[ABOUT THIS EXERCISE]
Answer with a bare number: the count of lines in the records below that have the word "false".

[Collected data entries]
Segment Open

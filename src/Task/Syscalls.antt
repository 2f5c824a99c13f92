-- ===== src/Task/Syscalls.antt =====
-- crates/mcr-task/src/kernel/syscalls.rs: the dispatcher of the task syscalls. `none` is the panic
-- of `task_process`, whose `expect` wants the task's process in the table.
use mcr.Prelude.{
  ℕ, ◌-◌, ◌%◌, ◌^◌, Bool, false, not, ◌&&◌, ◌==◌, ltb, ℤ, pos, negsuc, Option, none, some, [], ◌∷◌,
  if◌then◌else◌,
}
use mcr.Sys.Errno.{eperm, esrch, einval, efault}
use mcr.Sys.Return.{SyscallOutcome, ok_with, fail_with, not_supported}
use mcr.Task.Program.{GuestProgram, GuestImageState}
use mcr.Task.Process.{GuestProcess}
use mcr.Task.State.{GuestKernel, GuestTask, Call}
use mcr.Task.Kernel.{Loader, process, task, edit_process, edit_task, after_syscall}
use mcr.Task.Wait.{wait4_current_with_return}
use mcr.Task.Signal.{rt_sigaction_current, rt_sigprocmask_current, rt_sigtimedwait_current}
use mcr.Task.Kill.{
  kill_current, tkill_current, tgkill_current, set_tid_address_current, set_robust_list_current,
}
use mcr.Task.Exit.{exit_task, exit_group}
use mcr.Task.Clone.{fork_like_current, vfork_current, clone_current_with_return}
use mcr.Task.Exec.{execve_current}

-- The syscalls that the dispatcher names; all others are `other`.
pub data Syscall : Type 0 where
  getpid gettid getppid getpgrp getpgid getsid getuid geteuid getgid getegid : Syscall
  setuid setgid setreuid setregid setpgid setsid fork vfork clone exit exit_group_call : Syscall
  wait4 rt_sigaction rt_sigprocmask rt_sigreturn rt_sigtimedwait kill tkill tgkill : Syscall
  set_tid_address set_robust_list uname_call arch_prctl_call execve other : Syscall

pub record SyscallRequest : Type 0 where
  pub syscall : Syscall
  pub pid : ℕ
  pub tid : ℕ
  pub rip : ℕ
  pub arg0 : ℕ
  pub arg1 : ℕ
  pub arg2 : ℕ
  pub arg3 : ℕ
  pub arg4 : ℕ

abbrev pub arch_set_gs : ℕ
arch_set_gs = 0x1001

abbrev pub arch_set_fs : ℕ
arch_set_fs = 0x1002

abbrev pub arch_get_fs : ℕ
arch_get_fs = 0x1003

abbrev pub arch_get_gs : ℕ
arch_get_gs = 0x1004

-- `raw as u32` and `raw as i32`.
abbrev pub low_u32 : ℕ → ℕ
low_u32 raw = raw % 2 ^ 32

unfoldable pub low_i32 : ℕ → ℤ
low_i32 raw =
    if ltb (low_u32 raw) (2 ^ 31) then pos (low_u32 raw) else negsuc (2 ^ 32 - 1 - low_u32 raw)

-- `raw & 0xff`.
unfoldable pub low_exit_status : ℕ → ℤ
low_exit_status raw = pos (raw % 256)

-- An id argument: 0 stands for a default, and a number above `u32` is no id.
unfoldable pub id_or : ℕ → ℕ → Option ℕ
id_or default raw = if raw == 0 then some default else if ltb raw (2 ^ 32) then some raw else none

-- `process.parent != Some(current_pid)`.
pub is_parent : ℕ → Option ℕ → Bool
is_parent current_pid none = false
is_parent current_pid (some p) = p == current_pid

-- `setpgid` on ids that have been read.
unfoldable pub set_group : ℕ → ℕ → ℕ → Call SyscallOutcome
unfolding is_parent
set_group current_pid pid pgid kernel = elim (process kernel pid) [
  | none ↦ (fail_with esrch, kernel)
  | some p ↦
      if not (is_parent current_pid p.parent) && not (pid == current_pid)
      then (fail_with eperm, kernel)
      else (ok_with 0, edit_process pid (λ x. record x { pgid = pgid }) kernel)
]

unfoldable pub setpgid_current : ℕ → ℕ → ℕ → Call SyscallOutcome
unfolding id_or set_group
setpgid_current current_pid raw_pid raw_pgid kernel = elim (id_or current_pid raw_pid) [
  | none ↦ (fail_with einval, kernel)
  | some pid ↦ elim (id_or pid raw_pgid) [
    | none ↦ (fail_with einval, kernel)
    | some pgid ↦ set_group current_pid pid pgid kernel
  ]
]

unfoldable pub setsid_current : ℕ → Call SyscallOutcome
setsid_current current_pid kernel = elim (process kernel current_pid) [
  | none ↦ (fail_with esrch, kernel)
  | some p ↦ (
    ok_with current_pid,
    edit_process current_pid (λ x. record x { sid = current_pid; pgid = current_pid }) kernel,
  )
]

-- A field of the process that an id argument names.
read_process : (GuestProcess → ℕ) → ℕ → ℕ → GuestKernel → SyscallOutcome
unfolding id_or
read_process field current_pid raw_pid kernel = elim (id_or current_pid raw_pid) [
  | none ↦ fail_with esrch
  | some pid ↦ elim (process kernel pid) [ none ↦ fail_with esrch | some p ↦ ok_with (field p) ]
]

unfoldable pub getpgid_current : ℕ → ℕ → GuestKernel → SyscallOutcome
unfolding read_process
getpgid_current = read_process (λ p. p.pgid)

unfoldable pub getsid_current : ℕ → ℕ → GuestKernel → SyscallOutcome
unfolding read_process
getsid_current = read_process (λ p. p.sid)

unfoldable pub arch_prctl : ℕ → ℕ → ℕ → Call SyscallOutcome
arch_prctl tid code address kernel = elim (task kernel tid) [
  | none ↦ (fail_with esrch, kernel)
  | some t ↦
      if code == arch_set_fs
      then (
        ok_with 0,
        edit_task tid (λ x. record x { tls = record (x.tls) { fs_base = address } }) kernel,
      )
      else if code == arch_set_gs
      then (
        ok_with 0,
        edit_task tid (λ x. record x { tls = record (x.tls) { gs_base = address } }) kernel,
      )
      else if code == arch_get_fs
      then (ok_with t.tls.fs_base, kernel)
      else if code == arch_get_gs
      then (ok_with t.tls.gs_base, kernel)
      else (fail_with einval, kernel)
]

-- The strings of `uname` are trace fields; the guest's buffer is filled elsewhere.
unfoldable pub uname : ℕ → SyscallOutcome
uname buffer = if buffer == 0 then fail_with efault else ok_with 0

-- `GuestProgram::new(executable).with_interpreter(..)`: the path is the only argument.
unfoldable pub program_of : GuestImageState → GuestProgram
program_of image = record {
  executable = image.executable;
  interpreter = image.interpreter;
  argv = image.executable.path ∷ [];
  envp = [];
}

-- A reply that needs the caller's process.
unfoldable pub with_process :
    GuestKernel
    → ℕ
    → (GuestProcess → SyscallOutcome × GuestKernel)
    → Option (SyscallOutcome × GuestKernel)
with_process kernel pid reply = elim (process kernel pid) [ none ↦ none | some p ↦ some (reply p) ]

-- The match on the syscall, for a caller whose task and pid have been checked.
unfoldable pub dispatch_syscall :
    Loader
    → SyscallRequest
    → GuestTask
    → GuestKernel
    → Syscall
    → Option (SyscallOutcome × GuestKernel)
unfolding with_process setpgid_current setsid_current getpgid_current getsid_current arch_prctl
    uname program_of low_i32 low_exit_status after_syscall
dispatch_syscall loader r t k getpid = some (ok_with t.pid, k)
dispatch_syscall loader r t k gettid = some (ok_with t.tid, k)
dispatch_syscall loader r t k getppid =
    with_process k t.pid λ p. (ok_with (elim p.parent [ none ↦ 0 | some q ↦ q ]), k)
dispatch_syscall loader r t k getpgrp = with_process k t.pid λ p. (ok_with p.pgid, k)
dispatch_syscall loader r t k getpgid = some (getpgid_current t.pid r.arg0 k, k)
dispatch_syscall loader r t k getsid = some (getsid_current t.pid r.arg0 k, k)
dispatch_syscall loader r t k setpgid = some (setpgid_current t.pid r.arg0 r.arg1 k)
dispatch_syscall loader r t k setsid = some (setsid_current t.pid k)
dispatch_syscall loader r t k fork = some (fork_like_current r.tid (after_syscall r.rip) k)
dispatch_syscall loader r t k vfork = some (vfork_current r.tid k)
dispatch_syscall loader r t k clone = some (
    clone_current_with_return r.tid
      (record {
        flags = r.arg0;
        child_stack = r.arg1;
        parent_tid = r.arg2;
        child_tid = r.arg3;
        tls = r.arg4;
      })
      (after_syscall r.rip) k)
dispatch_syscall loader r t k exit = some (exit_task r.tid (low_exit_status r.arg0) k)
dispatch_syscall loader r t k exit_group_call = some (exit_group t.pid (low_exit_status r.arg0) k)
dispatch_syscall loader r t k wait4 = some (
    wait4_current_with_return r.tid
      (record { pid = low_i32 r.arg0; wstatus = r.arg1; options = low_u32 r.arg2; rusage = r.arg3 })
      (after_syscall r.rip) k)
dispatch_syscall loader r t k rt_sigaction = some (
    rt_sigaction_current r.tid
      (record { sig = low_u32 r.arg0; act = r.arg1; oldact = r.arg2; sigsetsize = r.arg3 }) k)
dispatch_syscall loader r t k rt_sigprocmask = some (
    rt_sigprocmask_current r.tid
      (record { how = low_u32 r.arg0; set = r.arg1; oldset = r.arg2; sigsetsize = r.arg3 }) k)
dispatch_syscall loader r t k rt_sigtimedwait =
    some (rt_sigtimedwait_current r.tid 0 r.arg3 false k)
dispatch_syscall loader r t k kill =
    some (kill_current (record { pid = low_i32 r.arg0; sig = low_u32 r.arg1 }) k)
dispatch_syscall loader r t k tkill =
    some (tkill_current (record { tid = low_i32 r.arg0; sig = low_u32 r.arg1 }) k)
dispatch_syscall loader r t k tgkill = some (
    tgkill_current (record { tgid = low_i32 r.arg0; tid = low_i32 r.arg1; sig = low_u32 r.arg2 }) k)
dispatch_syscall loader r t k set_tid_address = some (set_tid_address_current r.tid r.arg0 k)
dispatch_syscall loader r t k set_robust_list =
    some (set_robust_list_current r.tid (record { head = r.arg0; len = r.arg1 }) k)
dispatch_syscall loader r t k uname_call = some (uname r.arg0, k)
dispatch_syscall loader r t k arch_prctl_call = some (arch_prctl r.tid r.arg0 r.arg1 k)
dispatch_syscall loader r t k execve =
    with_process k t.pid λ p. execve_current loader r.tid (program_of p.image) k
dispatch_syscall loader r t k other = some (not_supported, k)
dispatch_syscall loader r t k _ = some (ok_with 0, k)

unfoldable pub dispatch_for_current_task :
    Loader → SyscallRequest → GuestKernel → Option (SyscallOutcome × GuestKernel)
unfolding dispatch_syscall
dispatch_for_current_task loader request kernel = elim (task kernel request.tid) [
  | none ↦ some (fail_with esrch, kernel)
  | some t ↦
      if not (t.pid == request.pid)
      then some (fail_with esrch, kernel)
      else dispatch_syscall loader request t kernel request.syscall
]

Segment Closed

[SOLUTION BELOW]
3